Syllabus:
-
Background
Unless you've been living in a cave, you know that many fields are faced with mountains of data that could present a unique opportunity if only it were possible to efficiently process all this information. This leads to the so-called "Big Data" challenge that has been getting lots of press, including a call to arms from the President.
The database field has been addressing problems of scale for some time, but the exponential growth in data volumes over the last decade has even the traditional database providers stumped. In other words, the products that the big database firms have been selling are not up to the task. If you couple this with some interesting new hardware opportunities, you get a moment in time in which many new and radical approaches to database management systems have been proposed but the winners have not yet been determined.
These modern database engines typically each address one particular common workload thereby bucking the conventional wisdom that you can build a DBMS for which "one size fits all".This course will attempt to survey the wide array of modern database systems and will try to understand them better by comparing and contrasting features and approaches. We will be guided by many of the results that have been published in the research literature. Of course, the best way to understand this material is to get our hands dirty by doing a project that involves one or more of the new architectures.
-
Course Layout
This course is a graduate-level seminar. Thus, the mode of learning will be through reading, discussion, and independent projects. It will also rely on shared learning. That is, we will all participate in the activity of discovery. We will typically work in small teams, and those teams will share what they have learned wit h the rest of the class. Also, because this material is so new, there is no single textbook that can provide us with a syllabus. We will begin with the syllabus that you can find on the course web pages, but this might need to be adjusted as we proceed. As an active participant in the project, you may feel free to make suggestions about making the course more effective. Below are a few of the main milestones and requirements you will complete throughout the semester:
- Lightning Talk (5 mins)
- Project Proposal (1-2 pages written + talk)
- Paper Presentation (20 min talk)
- Project Status Update
- Project Demo
-
Lightning Talks
Each student will be expected to give a 5 minute lightning talk on a paper/system of relevant to the class, a list of which will be provided. The goal of the lightning talk is simply to introduce the system to the class and cover some of the main points/features. It is not intended to be an in depth review of the system, that will be done in the (longer) paper presentations. We are doing the lightning talks simply to introduce a large amount of systems in a short amount of time. We want the presenter to be able to pull out only the relevant information and present it. Here are a few of the main points to consider:
- What problem is this system trying to solve? Think about both the data and the workloads and possibly give an example (no demos!).

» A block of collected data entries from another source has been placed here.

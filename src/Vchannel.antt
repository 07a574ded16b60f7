-- ===== src/Vchannel.antt =====
-- ServerExe/vchannel.c, the transport between the hooked processes, the shell and the client.
pub mod Text
pub mod Buffer
pub mod Message
pub mod Write
pub mod Open
pub mod Read
pub mod Serial
pub mod Format
pub mod Process
pub mod System
pub mod Samples
mod Tests
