-- ===== src/Vchannel/Open.antt =====
-- `vchannel_open`, `vchannel_close`, `vchannel_reopen`, `vchannel_is_open`, `vchannel_block` and
-- `vchannel_unblock` of ServerExe/vchannel.c: the objects that the shell creates.
pub mod Opened
use seamlessrdp.Base.{ℕ, ◌+◌, ◌-◌, Bool, true, false, not, ◌&&◌, ◌||◌, if◌then◌else◌}
use seamlessrdp.Vchannel.Buffer.{Buffer, buffer_size}

-- which of the globals are not NULL
pub record Handles : Type 0 where
  pub channel : Bool
  pub mutex : Bool
  pub serial : Bool
  pub map_file : Bool
  pub buffer : Bool
  pub evrd : Bool
  pub evwr : Bool

-- Whether the objects can be created. Each global stays as it was if the function leaves before it.
pub record Creates : Type 0 where
  pub channel : Bool
  pub mutex : Bool
  pub serial : Bool
  pub map_file : Bool
  pub view : Bool
  pub evrd : Bool
  pub evwr : Bool

unfoldable pub vchannel_close : Handles → Handles
vchannel_close h = record h { mutex = false; channel = false; map_file = false; buffer = false }

abbrev pub vchannel_is_open : Handles → Bool
vchannel_is_open h = h.channel

-- `g_buffer->size = BUFFER_SIZE` and `g_buffer->pw = g_buffer->pr = 0`
abbrev pub format : Buffer → Buffer
format b = record b { size = buffer_size; pw = 0; pr = 0 }

-- 0 or -1, the globals, and the shared memory
pub record Opening : Type 0 where
  pub ok : Bool
  pub handles : Handles
  pub memory : Buffer

abbrev pub bail_out : Handles → Buffer → Opening
bail_out h b = record { ok = false; handles = vchannel_close h; memory = b }

-- the creations in their order, from the events backwards
unfoldable pub create_events : Creates → Handles → Buffer → Opening
create_events o h b =
    let h' = record h { evrd = o.evrd; evwr = o.evwr } in
    if not o.evrd || not o.evwr
    then bail_out h' b
    else record { ok = true; handles = h'; memory = format b }

unfoldable pub map_view : Creates → Handles → Buffer → Opening
map_view o h b =
    let h' = record h { buffer = o.view } in
    if not o.view then bail_out h' b else create_events o h' b

unfoldable pub create_map_file : Creates → Handles → Buffer → Opening
create_map_file o h b =
    let h' = record h { map_file = o.map_file } in
    if not o.map_file then bail_out h' b else map_view o h' b

unfoldable pub create_serial : Creates → Handles → Buffer → Opening
create_serial o h b =
    let h' = record h { serial = o.serial } in
    if not o.serial then bail_out h' b else create_map_file o h' b

unfoldable pub create_mutex : Creates → Handles → Buffer → Opening
create_mutex o h b =
    let h' = record h { mutex = o.mutex } in
    if not o.mutex then bail_out h' b else create_serial o h' b

unfoldable pub vchannel_open : Creates → Handles → Buffer → Opening
unfolding create_mutex create_serial create_map_file map_view create_events vchannel_close
vchannel_open o h b =
    let h' = record h { channel = o.channel } in
    if h.channel
    then record { ok = true; handles = h; memory = b }
    else if not o.channel
    then bail_out h' b
    else create_mutex o h' b

-- `vchannel_block` and `vchannel_unblock`, as the number of times that the process holds the mutex
abbrev pub vchannel_block : ℕ → ℕ
vchannel_block held = held + 1

abbrev pub vchannel_unblock : ℕ → ℕ
vchannel_unblock held = held - 1

-- the flag is the result 0; `opens` is that of `WTSVirtualChannelOpen`
unfoldable pub vchannel_reopen : Bool → Handles → ℕ → Bool × Handles × ℕ
vchannel_reopen opens h held =
    (opens, record h { channel = opens }, vchannel_unblock (vchannel_block held))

- What makes this system different from previous/other systems (if anything)?
- What are the high-level key architectural characteristics?
Again, the purpose of the lightning talks are simply to introduce the system, and only 5 minutes will be allocated for each presentation. Make sure you practice your presentation and are right at the 5 minute mark, as it will be a hard cutoff.
Note that we will not break up into groups / topics until the lightning talks are over. That way each student will have a better sense of what the topics are all about and will be better able to pick an area that interests them.
WARNING: It is acceptable for students to use information and content (e.g., images and graphics) found on the Internet but the original source must be properly attributed/cited. No credit will be given for presentations without proper citations.
-
Paper Presentations
SImilar to the lightning talk, for the paper presentation each student will choose a paper (this time related to their project choice) and present it to the class. However, this talk is supposed to be an in depth description and analysis of the paper. This talk will be 15-20 minutes in length with 5 minutes for questions, a format similar to most conference talks. Because it is the responsibility of the presenter to teach the class about this system, he/she will be expected to know and understand all the aspects of the system. Thus, it is important to be prepared. If you have questions regarding the content of a paper, you should arrange to meet with Justin well in advance of your talk date.
WARNING: It is acceptable for students to use information and content (e.g., images and graphics) found on the Internet but the original source must be properly attributed/cited. No credit will be given for presentations without proper citations.
-
Projects
The main component of this course will be the project. All projects will involve Big Data management and/or analysis using the systems discussed in this class. However, beyond that, the projects will vary greatly in both scope and topic. This will depend on several factors, including group size, group background, and topic. We will discuss this more in depth during class, though you are encouraged to begin to think about projects that interest you now. As is the case with many seminar courses, you will get out of this course what you put into it, so taking the time and coming up with a well-scoped project that lies within the context of this course and interests you will go a long way to your enjoyment of the course.